Problem details: A stretch of the entries below is to be set down exactly, running from the line with "repository 7ccdf04819b2a58d" through the line with "all_upto p zero = true", both included, and no other line.

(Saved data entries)

******

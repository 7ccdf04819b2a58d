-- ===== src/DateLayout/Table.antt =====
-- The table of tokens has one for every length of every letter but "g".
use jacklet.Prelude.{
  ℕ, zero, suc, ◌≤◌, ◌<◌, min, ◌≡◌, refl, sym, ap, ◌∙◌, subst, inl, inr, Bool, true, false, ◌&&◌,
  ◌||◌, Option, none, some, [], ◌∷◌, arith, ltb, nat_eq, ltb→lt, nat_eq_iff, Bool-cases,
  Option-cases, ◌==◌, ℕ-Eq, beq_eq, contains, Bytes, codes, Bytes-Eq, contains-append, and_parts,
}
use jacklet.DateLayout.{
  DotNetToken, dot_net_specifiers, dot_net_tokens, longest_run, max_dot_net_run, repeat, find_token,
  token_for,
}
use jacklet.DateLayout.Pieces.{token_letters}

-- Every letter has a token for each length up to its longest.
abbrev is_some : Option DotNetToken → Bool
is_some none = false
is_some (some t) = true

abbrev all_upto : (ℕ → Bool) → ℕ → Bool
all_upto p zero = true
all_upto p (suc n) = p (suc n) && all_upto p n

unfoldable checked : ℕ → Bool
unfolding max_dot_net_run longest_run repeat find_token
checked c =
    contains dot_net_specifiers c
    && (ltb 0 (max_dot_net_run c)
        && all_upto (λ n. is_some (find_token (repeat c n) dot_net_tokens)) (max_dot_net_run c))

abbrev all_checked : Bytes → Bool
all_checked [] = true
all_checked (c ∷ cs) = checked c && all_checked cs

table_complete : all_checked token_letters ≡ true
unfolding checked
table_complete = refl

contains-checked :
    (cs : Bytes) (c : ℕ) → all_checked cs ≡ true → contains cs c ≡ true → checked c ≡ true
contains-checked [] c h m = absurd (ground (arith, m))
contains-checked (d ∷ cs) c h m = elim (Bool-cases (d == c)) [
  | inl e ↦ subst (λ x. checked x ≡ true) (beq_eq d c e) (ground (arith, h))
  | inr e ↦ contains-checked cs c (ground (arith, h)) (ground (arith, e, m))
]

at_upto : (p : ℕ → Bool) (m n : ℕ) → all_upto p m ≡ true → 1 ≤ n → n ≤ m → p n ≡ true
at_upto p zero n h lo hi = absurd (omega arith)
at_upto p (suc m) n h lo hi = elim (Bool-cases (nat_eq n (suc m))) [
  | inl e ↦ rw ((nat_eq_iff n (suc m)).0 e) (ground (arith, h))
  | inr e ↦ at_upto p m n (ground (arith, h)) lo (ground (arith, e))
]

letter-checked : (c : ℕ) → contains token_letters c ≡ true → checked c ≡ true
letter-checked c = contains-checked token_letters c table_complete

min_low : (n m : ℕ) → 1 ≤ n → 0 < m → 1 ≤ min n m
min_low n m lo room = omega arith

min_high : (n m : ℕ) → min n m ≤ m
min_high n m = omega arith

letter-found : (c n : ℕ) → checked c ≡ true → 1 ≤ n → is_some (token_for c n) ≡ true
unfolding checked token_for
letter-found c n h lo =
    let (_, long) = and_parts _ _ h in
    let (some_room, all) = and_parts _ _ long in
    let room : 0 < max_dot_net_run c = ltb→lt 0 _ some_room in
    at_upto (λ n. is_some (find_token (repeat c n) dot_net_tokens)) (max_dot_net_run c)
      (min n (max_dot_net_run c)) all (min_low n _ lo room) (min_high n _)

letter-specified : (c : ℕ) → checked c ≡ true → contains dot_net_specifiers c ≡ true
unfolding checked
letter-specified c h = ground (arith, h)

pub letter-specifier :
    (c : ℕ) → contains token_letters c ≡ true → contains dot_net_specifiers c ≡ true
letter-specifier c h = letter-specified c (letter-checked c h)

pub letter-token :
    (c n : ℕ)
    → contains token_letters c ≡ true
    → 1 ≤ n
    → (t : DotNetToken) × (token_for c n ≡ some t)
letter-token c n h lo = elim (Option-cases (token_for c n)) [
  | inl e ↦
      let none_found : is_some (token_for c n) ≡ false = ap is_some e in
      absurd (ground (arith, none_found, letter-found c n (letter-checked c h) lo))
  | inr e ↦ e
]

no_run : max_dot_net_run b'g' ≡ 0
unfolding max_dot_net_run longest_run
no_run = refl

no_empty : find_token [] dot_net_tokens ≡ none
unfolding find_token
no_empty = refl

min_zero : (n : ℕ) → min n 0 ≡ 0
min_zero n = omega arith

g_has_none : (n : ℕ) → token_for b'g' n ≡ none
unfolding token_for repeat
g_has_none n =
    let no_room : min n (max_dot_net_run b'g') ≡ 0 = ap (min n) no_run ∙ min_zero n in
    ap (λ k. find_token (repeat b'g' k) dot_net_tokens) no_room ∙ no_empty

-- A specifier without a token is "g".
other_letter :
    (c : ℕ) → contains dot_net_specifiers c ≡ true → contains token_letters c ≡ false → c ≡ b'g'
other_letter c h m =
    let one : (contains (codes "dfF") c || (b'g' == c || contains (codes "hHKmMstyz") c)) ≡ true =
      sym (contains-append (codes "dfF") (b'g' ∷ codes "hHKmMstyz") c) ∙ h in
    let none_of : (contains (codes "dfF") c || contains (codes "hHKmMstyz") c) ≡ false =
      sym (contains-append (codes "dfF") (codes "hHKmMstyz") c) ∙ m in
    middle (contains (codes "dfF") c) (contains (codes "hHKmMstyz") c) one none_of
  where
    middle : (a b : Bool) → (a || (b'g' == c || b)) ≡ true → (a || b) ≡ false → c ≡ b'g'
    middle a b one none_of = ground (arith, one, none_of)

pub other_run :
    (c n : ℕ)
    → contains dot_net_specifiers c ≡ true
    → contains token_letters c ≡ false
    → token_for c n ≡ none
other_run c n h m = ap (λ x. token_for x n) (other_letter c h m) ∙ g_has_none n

******

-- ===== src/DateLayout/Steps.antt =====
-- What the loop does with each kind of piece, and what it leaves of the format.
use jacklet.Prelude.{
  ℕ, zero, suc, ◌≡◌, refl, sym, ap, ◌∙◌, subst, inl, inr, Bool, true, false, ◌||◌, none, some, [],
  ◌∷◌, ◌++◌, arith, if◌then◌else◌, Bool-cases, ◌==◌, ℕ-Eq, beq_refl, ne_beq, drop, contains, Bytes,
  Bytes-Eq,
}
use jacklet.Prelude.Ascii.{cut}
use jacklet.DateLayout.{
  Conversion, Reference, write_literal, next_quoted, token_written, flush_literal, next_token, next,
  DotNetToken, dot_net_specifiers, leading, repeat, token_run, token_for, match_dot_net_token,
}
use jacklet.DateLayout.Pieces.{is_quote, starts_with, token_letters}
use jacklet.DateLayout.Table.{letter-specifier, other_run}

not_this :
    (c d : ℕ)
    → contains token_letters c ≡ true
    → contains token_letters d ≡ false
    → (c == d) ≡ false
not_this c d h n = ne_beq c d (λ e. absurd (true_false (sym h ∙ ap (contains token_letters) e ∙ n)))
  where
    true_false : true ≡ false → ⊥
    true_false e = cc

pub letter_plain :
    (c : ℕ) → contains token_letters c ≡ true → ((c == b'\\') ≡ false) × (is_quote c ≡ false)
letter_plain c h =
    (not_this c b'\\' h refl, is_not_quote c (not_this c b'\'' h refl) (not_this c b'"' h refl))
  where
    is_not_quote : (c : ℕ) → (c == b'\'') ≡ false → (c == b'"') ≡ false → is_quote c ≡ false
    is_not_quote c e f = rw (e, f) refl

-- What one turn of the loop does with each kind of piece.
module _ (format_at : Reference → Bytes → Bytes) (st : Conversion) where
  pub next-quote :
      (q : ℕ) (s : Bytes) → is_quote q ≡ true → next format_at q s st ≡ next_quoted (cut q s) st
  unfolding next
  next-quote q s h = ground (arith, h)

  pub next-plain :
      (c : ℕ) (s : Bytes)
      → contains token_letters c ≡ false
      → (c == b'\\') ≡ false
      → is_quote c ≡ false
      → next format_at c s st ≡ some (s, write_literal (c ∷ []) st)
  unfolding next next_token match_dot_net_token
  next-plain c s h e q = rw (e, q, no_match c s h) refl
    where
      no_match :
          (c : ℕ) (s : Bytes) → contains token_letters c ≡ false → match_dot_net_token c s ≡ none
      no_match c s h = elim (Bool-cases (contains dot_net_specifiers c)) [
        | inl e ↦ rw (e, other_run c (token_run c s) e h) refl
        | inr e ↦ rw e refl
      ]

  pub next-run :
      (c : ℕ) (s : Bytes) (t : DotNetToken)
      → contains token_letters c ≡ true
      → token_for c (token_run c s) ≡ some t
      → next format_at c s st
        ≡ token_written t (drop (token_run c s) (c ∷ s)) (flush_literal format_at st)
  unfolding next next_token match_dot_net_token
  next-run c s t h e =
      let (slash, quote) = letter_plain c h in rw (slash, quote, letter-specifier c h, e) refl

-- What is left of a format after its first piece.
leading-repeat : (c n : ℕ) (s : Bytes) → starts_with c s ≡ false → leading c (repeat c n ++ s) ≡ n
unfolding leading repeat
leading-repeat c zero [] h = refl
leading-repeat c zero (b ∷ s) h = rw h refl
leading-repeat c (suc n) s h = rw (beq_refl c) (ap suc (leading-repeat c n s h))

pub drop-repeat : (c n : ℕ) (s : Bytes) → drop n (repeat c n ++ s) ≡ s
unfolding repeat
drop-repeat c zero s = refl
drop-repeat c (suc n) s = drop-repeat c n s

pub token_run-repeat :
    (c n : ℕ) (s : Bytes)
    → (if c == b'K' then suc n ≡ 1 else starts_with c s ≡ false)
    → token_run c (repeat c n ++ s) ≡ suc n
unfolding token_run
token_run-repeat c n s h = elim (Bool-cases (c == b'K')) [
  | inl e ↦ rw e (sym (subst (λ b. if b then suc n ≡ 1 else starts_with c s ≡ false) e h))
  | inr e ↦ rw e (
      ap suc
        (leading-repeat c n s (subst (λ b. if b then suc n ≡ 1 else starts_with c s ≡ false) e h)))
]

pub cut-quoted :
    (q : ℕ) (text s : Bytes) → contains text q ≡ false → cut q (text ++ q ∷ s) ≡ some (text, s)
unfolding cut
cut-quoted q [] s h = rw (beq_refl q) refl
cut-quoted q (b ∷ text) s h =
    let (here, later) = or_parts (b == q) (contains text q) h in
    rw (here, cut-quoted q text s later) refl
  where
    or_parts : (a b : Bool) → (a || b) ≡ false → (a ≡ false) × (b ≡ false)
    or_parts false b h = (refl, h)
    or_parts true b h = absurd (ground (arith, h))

******

Result for this task:
repository 7ccdf04819b2a58d
-- ===== src/DateLayout/Table.antt =====
-- The table of tokens has one for every length of every letter but "g".
use jacklet.Prelude.{
  ℕ, zero, suc, ◌≤◌, ◌<◌, min, ◌≡◌, refl, sym, ap, ◌∙◌, subst, inl, inr, Bool, true, false, ◌&&◌,
  ◌||◌, Option, none, some, [], ◌∷◌, arith, ltb, nat_eq, ltb→lt, nat_eq_iff, Bool-cases,
  Option-cases, ◌==◌, ℕ-Eq, beq_eq, contains, Bytes, codes, Bytes-Eq, contains-append, and_parts,
}
use jacklet.DateLayout.{
  DotNetToken, dot_net_specifiers, dot_net_tokens, longest_run, max_dot_net_run, repeat, find_token,
  token_for,
}
use jacklet.DateLayout.Pieces.{token_letters}

-- Every letter has a token for each length up to its longest.
abbrev is_some : Option DotNetToken → Bool
is_some none = false
is_some (some t) = true

abbrev all_upto : (ℕ → Bool) → ℕ → Bool
all_upto p zero = true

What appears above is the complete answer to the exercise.